Dommages et intérêts pour violation de l'obligation de sécurité : 5.000,00 €

Dommages et intérêts pour licenciement sans cause réelle et sérieuse : 5.000,00 €

Dommages et intérêts pour préjudice moral : 5.000,00 €

Indemnité de préavis : 2.302,54 €

Indemnité de congés payés sur préavis : 230,25 €

Rectification des bulletins de salaire et de l'attestation Pôle Emploi sous astreinte de 50 € par jour de retard et par document

3.000,00 € par application des dispositions de l'article 700 du code de procédure civilepour les frais engagés devant le conseil de prud'hommes,

Y ajoutant,

Dire et juger que ces sommes porteront intérêts au taux légal à compter de la date de saisine du conseil de prud'hommes,

Condamner la société Continentale Protections Services CPS à verser la somme de 586,68 € au titre des repos compensateurs outre une indemnité de congés payés selon la règle du 10ème soit 58,67 €.
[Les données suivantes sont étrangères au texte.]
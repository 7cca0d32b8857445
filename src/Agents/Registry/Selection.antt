-- ===== src/Agents/Registry/Selection.antt =====
-- Which profile AgentRegistry.select of src/harness/agents/registry.py takes.
use md_harness.Agents.Registry.{
  no_agent, unavailable, AgentProfile, distinct, names_of, agent_registry, serves, named_agent,
  select,
}
use md_harness.Prelude.{
  Bool-cases, eq_iff, and_left, and_right, or_false, not-true, All, contains, ◌==◌, ◌≡◌, ◌⊎◌, refl,
  sym, ap, ◌∙◌, inl, inr, String, Bool, true, false, ◌&&◌, Option, none, some, List, [], ◌∷◌,
  string_eq,
}
use md_harness.Effects.{Error, return, raise}
use md_harness.Effects.Checks.{checked}
use md_harness.Sql.{fetchone}

-- The agent that was assigned, or any when none was.
abbrev pub meant : Option String → AgentProfile → Bool
meant none p = true
meant (some assigned) p = named_agent assigned p

-- The profile stands in the list, and none before it holds of the test.
abbrev pub First : (AgentProfile → Bool) → AgentProfile → List AgentProfile → Type 0
First test p [] = (true ≡ false)
First test p (q ∷ rest) = (q ≡ p) × (test p ≡ true) ⊎ ((test q ≡ false) × First test p rest)

-- The test of `select`: the assigned agent, enabled and for the type of the task.
abbrev pub fits : String → Option String → AgentProfile → Bool
fits task_type assigned p = meant assigned p && serves task_type p

found_First :
    (test : AgentProfile → Bool) (profiles : List AgentProfile) {p : AgentProfile}
    → fetchone test profiles ≡ some p
    → First test p profiles
unfolding fetchone
found_First test [] {p} h = cc
found_First test (q ∷ rest) {p} h = elim (Bool-cases (test q)) [
  | inl e ↦ let same : q ≡ p = cc (rw e at h) in inl (same, rw (sym same) e)
  | inr e ↦ inr (e, found_First test rest (rw e at h))
]

absent :
    (test : AgentProfile → Bool) (profiles : List AgentProfile)
    → fetchone test profiles ≡ none
    → All (λ p. test p ≡ false) profiles
unfolding fetchone
absent test [] h = tt
absent test (q ∷ rest) h = elim (Bool-cases (test q)) [
  | inl e ↦ cc (rw e at h)
  | inr e ↦ (e, absent test rest (rw e at h))
]

narrow_First :
    (test other : AgentProfile → Bool) (profiles : List AgentProfile) {p : AgentProfile}
    → First test p profiles
    → other p ≡ true
    → First (λ q. test q && other q) p profiles
narrow_First test other [] {p} h k = h
narrow_First test other (q ∷ rest) {p} (inl (same, e)) k = inl (same, rw (e, k) refl)
narrow_First test other (q ∷ rest) {p} (inr (e, later)) k =
    inr (rw e refl, narrow_First test other rest later k)

narrow_absent :
    (test other : AgentProfile → Bool) (profiles : List AgentProfile)
    → All (λ p. test p ≡ false) profiles
    → All (λ p. (test p && other p) ≡ false) profiles
narrow_absent test other [] h = tt
narrow_absent test other (q ∷ rest) (e, later) = (rw e refl, narrow_absent test other rest later)

unnamed :
    (profiles : List AgentProfile) (name : String)
    → contains (names_of profiles) name ≡ false
    → All (λ p. named_agent name p ≡ false) profiles
unnamed [] name h = tt
unnamed (q ∷ rest) name h =
    let (apart, later) = or_false (q.name == name) _ h in (apart, unnamed rest name later)

-- No profile fits when the one with the name does not.
unique_absent :
    (name : String) (other : AgentProfile → Bool) (profiles : List AgentProfile) {p : AgentProfile}
    → distinct (names_of profiles) ≡ true
    → fetchone (named_agent name) profiles ≡ some p
    → other p ≡ false
    → All (λ q. (named_agent name q && other q) ≡ false) profiles
unfolding fetchone
unique_absent name other [] {p} h found k = tt
unique_absent name other (q ∷ rest) {p} h found k = elim (Bool-cases (q.name == name)) [
  | inl e ↦
      let same : q ≡ p = cc (rw e at found) in
      let called : q.name ≡ name = (eq_iff q.name name).0 e in
      let alone : contains (names_of rest) name ≡ false =
        ap (contains (names_of rest)) (sym called) ∙ not-true _ (and_left _ _ h) in
      (rw (e, same, k) refl, narrow_absent (named_agent name) other rest (unnamed rest name alone))
  | inr e ↦ (rw e refl, unique_absent name other rest (and_right _ _ h) (rw e at found) k)
]

abbrev pub Selects : List AgentProfile → String → Option String → Type 0
Selects profiles task_type assigned =
    ((p : AgentProfile) × (select profiles task_type assigned ≡ return p)
      × First (fits task_type assigned) p profiles)
    ⊎ ((e : Error) × (select profiles task_type assigned ≡ raise e)
        × All (λ p. fits task_type assigned p ≡ false) profiles)

any_Selects : (profiles : List AgentProfile) (task_type : String) → Selects profiles task_type none
unfolding select
any_Selects profiles task_type = by_first (fetchone (serves task_type) profiles) refl
  where
    by_first :
        (o : Option AgentProfile)
        → fetchone (serves task_type) profiles ≡ o
        → Selects profiles task_type none
    by_first none e = inr (no_agent, rw e refl, absent (serves task_type) profiles e)
    by_first (some p) e = inl (p, rw e refl, found_First (serves task_type) profiles e)

assigned_Selects :
    (profiles : List AgentProfile) (task_type name : String)
    → distinct (names_of profiles) ≡ true
    → Selects profiles task_type (some name)
unfolding select
assigned_Selects profiles task_type name h = by_name (fetchone (named_agent name) profiles) refl
  where
    by_name :
        (o : Option AgentProfile)
        → fetchone (named_agent name) profiles ≡ o
        → Selects profiles task_type (some name)
    by_name none e = inr (
      unavailable,
      rw e refl,
      narrow_absent (named_agent name) (serves task_type) profiles
          (absent (named_agent name) profiles e),
    )
    by_name (some p) e = elim (Bool-cases (serves task_type p)) [
      | inl ok ↦ inl (
        p,
        rw (e, ok) refl,
        narrow_First (named_agent name) (serves task_type) profiles
            (found_First (named_agent name) profiles e) ok,
      )
      | inr bad ↦
          inr
            (unavailable, rw (e, bad) refl, unique_absent name (serves task_type) profiles h e bad)
    ]

-- Out of a registry that was made, `select` takes the first profile that is enabled, is for the type
-- of the task and is the assigned one if one was assigned; it raises only when no profile is so.
pub select_lem :
    (profiles registry : List AgentProfile) (task_type : String) (assigned : Option String)
    → agent_registry profiles ≡ return registry
    → Selects registry task_type assigned
unfolding agent_registry
select_lem profiles registry task_type none h = any_Selects registry task_type
select_lem profiles registry task_type (some name) h =
    let (apart, same) = checked (distinct (names_of profiles)) _ (return profiles) h in
    let kept : profiles ≡ registry = cc same in
    assigned_Selects registry task_type name (rw kept at apart)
Condamner la société Continentale Protections Services CPS à payer la somme de 3.000 € en application des dispositions de l'article 700 du code de procédure civile pour les frais engagés à hauteur d'appel ;

Condamner la société Continentale Protections Services CPS aux entiers dépens de première instance et d'appel, dont distraction au profit de la SCP Ledoux Ferri Riou Jacques Touchon Mayolet, avocats aux offres de droit.

Par des conclusions remises au greffe le 19 avril 2023, la société Continentale Protections Services CPS demande à la cour de :

constater que M. [O] [W] ne formule aux termes du dispositif de ses conclusions aucune demande de contestation de la rupture de son contrat de travail,

juger ainsi irrecevables les demandes indemnitaires fondées sur le caractère prétendument dénué de cause réelle et sérieuse du licenciement,

dire et juger recevable et bien-fondée la société Continentale Protections Services CPS en son appel incident,

En conséquence,

infirmer le jugement entrepris en ce qu'il a débouté la société Continentale Protections Services CPS de sa demande reconventionnelle au titre des dispositions de l'article 700 du code de procédure civile,

confirmer le jugement en ce qu'il a débouté M. [O] [W] de l'intégralité de ses demandes,

confirmer le jugement en ce qu'il a condamné M. [O] [W] aux entiers dépens de l'instance,

dire et juger irrecevables et en toute hypothèse infondées les demandes de M. [O] [W] dirigées contre la société Continentale Protections Services CPS,

En conséquence,

débouter purement et simplement M. [O] [W] de l'intégralité de ses prétentions,

condamner M. [O] [W] à payer à la société Continentale Protections Services CPS la somme de 3 000 euros sur le fondement des dispositions de l'article 700 du code de procédure civile au titre des frais engagés en première instance,

condamner M. [O] [W] à payer à la société Continentale Protections Services CPS la somme de 3 000 euros sur le fondement des dispositions de l'article 700 du code de procédure civile, outre les entiers dépens outre les entiers dépens qui comprendront les frais de constat d'huissier en cause d'appel.

MOTIFS

Sur la demande de rappel d'heures supplémentaires

Moyens des parties

M. [O] [W] demande la condamnation de l'employeur à lui payer la somme de 1437,60 euros à titre de rappel d'heures supplémentaires, en indiquant qu'il n'a pas été payé de l'ensemble des heures réalisées telles qu'elles figurent sur le planning établi par l'employeur lui-même et qu'il produit aux débats (pièce 12). Il précise qu'il ne pouvait pas toujours prendre ses pauses car dans le supermarché où il était affecté, il y avait deux entrées et un poste de sécurité et seulement trois agents.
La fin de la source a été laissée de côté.